● **What the exercise asks**
Scan the records below for the word "Quiet" and give only the number of lines that hold it.
((
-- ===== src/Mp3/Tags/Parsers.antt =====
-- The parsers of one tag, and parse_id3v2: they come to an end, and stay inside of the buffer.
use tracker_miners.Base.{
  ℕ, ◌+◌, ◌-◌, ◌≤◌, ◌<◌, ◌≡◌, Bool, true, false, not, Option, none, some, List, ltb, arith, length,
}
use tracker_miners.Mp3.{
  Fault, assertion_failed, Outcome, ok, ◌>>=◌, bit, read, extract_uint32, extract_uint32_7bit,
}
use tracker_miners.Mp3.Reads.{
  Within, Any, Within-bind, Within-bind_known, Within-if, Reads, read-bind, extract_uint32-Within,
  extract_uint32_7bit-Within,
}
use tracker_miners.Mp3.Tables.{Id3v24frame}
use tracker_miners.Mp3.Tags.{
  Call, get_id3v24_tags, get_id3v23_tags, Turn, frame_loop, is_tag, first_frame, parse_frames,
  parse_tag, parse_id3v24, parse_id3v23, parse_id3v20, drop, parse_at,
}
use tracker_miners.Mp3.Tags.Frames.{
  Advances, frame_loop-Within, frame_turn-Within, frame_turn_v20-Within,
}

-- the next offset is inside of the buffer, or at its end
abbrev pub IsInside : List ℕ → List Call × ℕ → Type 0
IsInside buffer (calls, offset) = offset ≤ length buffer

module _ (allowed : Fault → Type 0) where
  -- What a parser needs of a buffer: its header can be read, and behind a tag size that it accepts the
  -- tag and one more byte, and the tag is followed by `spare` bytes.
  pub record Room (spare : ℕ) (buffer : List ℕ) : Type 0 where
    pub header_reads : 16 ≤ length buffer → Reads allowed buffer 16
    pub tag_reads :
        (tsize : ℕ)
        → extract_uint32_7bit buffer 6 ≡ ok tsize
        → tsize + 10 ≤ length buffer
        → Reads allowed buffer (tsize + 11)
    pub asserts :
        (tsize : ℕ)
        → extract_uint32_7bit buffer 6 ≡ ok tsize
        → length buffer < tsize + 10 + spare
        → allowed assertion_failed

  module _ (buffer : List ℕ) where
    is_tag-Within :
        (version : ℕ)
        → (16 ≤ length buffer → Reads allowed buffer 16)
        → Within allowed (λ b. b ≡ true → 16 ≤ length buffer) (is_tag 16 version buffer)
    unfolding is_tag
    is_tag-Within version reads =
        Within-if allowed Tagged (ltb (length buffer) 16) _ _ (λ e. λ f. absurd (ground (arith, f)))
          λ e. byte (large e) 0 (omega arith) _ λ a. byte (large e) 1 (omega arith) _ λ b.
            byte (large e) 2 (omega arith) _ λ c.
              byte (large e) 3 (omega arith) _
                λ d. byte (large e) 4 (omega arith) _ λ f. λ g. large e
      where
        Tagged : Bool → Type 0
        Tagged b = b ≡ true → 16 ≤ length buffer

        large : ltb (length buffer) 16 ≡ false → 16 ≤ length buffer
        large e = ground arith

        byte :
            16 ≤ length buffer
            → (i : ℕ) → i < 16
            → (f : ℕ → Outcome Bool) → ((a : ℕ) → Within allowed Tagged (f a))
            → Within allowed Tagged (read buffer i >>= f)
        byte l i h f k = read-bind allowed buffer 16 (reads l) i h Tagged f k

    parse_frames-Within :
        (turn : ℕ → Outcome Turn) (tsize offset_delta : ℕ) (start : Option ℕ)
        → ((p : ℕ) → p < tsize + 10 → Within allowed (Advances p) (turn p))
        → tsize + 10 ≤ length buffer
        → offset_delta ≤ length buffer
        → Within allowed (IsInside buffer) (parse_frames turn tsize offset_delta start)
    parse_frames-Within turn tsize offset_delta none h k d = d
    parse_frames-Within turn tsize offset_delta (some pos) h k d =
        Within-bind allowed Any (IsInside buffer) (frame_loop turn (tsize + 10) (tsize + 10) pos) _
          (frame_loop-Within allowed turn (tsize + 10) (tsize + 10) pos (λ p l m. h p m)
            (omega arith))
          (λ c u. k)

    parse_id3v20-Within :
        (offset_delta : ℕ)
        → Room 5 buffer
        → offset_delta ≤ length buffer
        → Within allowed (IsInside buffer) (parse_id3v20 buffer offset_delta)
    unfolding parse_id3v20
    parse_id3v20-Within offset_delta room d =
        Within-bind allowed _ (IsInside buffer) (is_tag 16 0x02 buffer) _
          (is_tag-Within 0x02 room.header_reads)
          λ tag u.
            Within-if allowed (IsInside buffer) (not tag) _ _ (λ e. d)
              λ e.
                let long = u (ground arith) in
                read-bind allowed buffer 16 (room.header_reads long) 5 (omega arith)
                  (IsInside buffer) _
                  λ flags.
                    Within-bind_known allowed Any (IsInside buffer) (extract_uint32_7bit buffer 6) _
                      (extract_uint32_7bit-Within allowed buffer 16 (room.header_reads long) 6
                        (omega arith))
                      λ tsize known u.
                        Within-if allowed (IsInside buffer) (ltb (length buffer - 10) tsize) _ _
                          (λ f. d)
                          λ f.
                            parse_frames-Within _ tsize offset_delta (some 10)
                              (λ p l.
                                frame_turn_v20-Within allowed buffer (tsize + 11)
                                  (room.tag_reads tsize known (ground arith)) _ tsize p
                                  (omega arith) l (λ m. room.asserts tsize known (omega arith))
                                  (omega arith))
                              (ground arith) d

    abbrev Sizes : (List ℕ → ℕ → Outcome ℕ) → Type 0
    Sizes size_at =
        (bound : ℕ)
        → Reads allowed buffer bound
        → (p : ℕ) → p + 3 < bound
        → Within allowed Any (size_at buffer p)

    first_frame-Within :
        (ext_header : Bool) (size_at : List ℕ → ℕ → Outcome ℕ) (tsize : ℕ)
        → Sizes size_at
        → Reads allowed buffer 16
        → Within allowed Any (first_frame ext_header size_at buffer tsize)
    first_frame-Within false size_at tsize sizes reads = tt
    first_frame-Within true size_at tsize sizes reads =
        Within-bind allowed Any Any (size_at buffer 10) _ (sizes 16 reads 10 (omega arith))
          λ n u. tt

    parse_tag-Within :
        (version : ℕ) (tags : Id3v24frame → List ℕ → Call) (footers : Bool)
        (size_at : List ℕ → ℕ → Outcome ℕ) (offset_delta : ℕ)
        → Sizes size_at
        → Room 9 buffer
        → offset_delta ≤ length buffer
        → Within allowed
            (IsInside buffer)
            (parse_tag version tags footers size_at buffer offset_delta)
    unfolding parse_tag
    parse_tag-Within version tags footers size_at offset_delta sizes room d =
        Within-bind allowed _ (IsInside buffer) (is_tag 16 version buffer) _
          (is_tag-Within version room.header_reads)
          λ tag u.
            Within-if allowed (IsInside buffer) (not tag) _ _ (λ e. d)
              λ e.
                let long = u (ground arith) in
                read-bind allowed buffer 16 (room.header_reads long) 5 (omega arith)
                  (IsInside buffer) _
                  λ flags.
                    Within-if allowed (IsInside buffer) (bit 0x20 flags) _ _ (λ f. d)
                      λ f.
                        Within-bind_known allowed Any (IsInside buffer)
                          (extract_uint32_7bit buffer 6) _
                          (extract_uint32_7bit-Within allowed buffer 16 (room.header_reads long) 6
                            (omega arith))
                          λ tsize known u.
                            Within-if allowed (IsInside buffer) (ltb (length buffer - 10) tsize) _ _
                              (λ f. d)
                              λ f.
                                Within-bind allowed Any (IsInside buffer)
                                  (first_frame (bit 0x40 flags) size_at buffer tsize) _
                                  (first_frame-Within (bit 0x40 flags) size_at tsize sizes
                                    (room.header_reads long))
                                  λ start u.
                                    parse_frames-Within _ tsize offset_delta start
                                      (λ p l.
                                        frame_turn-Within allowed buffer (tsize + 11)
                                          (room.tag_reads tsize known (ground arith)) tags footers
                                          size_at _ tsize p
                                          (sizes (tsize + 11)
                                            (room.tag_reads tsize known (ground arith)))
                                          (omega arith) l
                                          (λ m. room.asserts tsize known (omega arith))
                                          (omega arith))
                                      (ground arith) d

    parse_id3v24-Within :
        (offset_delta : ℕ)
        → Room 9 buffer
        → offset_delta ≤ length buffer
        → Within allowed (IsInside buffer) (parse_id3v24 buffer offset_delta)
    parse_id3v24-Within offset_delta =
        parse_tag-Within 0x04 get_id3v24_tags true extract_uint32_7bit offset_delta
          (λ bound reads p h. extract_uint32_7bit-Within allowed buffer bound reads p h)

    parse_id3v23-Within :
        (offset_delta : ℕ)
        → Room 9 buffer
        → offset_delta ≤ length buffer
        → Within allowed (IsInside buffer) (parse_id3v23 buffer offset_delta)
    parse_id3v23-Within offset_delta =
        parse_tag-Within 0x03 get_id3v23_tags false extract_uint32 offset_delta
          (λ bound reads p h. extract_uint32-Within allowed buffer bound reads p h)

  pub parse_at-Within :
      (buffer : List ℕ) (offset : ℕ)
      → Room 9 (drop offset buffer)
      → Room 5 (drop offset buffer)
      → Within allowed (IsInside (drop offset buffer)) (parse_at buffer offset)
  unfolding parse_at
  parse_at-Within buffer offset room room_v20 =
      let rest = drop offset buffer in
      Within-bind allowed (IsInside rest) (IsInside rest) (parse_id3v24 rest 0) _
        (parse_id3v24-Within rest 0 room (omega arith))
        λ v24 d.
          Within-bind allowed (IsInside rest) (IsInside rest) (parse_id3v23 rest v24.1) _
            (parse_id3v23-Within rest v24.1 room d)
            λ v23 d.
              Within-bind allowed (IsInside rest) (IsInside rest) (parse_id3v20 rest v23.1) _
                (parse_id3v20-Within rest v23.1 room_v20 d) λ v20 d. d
))
((
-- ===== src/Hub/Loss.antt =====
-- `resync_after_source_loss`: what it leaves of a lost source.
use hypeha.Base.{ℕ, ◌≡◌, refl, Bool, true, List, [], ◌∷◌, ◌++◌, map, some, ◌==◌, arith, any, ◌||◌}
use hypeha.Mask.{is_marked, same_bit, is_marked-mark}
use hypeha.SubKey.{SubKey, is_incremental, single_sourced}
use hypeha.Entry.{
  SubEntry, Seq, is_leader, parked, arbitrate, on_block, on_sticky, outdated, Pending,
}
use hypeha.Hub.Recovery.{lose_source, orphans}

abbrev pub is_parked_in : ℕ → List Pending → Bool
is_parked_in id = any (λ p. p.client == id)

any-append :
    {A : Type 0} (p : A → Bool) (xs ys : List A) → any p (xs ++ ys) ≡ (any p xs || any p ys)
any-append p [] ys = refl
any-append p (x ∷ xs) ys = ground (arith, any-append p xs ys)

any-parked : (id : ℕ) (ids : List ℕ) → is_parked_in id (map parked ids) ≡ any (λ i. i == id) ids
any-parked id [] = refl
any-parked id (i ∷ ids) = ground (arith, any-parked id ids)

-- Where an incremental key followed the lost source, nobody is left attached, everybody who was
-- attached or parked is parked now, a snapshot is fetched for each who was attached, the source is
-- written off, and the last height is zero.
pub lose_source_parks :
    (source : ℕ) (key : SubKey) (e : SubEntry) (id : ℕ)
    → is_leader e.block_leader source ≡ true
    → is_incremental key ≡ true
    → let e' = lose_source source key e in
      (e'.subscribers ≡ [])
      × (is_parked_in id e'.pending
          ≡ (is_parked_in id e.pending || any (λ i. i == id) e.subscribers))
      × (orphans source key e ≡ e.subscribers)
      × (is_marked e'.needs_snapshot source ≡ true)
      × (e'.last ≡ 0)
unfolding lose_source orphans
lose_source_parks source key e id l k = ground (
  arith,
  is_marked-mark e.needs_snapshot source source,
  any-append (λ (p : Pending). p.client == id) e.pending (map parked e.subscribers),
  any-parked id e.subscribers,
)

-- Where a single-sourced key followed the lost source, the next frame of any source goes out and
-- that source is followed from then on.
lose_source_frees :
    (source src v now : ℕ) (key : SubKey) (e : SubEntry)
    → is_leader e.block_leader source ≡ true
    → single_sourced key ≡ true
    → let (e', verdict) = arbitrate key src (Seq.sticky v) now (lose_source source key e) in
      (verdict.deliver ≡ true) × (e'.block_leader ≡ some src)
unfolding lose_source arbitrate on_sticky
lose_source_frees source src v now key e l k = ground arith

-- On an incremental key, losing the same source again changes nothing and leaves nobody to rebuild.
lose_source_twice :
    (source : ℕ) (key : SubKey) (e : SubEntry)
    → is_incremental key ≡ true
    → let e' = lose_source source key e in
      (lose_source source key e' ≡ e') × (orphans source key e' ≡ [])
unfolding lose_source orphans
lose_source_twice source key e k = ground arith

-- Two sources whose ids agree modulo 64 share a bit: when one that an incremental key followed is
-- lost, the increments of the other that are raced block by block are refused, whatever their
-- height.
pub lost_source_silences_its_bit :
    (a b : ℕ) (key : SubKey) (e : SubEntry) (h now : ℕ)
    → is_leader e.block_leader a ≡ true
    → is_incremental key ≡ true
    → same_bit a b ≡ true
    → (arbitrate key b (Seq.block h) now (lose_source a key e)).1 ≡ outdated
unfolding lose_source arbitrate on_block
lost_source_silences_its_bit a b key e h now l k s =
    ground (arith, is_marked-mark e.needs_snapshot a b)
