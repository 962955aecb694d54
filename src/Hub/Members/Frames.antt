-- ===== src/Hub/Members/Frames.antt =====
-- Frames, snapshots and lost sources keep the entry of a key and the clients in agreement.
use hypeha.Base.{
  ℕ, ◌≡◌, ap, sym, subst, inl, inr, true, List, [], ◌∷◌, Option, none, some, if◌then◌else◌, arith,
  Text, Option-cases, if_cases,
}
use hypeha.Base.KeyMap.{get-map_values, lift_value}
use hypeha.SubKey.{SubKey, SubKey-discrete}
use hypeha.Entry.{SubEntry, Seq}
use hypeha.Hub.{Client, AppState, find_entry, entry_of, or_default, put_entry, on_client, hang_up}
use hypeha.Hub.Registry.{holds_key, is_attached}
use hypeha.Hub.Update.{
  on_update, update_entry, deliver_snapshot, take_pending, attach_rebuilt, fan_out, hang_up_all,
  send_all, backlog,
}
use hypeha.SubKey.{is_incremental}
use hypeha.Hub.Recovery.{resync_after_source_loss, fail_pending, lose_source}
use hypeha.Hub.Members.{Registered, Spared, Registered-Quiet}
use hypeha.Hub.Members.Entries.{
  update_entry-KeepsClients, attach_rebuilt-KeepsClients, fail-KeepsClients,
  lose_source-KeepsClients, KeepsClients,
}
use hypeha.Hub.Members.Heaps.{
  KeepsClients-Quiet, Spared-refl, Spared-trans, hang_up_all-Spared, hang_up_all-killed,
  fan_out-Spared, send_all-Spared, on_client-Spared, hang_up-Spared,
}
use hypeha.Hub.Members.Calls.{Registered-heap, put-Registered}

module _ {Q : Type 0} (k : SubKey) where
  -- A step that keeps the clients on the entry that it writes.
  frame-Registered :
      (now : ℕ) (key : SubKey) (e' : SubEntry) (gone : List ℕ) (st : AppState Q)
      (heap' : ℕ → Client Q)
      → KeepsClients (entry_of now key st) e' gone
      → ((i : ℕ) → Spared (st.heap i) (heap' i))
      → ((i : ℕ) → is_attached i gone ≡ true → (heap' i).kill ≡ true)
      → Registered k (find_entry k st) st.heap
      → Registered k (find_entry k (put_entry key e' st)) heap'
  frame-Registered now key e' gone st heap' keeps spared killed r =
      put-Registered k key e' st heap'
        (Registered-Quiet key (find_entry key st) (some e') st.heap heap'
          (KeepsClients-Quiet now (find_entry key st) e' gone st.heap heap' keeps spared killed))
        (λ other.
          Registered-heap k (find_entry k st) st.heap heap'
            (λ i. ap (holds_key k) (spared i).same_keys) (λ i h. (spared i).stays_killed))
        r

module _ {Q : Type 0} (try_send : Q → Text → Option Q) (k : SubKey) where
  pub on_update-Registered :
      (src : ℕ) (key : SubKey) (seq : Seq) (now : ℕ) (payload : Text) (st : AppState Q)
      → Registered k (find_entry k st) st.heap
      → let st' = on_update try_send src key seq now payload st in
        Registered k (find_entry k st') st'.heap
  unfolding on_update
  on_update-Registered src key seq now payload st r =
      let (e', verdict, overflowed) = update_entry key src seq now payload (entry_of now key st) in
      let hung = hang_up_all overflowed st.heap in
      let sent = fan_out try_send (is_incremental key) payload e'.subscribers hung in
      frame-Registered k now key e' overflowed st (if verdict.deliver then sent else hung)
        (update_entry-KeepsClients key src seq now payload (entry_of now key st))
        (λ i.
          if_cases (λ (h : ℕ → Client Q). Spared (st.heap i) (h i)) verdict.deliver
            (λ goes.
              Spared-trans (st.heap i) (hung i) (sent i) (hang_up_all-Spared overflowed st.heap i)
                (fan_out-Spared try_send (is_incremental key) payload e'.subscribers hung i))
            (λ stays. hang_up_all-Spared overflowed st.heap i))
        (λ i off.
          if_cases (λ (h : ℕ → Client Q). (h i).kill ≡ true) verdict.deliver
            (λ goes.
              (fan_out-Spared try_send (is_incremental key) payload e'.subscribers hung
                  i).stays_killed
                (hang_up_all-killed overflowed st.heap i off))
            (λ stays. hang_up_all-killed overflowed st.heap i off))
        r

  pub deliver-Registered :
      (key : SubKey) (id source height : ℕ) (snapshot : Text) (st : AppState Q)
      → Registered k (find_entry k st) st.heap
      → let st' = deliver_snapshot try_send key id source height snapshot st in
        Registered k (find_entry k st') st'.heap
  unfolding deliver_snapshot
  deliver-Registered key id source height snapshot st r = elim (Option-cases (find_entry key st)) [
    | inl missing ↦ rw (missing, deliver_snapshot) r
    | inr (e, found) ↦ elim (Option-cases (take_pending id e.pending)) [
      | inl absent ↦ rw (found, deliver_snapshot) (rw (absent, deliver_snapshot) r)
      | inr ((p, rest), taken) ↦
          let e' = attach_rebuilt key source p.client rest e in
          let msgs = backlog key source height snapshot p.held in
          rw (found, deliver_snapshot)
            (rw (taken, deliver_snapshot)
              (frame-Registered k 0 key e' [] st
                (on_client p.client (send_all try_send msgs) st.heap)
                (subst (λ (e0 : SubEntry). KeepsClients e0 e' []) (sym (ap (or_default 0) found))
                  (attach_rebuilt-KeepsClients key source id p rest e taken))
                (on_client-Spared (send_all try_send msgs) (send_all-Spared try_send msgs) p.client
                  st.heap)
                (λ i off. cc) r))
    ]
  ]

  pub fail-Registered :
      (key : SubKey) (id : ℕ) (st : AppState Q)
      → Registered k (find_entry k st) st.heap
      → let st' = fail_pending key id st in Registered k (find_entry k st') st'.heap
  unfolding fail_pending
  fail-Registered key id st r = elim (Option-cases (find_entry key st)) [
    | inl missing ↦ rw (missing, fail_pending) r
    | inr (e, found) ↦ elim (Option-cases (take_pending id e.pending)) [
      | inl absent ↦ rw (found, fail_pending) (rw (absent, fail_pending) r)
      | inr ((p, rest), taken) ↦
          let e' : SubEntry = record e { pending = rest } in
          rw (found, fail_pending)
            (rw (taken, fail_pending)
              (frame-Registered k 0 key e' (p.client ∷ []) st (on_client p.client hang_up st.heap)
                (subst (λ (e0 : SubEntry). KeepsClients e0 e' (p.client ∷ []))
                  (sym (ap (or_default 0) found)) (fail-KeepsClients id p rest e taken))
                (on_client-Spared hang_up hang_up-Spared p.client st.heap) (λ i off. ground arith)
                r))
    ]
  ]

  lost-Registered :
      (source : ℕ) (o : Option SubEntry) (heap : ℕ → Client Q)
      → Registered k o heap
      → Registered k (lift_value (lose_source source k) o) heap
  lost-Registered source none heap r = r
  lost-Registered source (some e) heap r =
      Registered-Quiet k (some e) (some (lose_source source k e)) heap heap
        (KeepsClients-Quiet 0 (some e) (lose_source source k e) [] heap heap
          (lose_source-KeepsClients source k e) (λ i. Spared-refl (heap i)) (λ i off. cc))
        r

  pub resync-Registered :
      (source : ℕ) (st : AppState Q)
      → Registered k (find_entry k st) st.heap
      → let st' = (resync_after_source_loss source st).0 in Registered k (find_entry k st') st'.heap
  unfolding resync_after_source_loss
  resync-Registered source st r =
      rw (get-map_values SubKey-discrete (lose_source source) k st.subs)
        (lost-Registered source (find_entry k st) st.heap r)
))
● **Solution to the problem**
6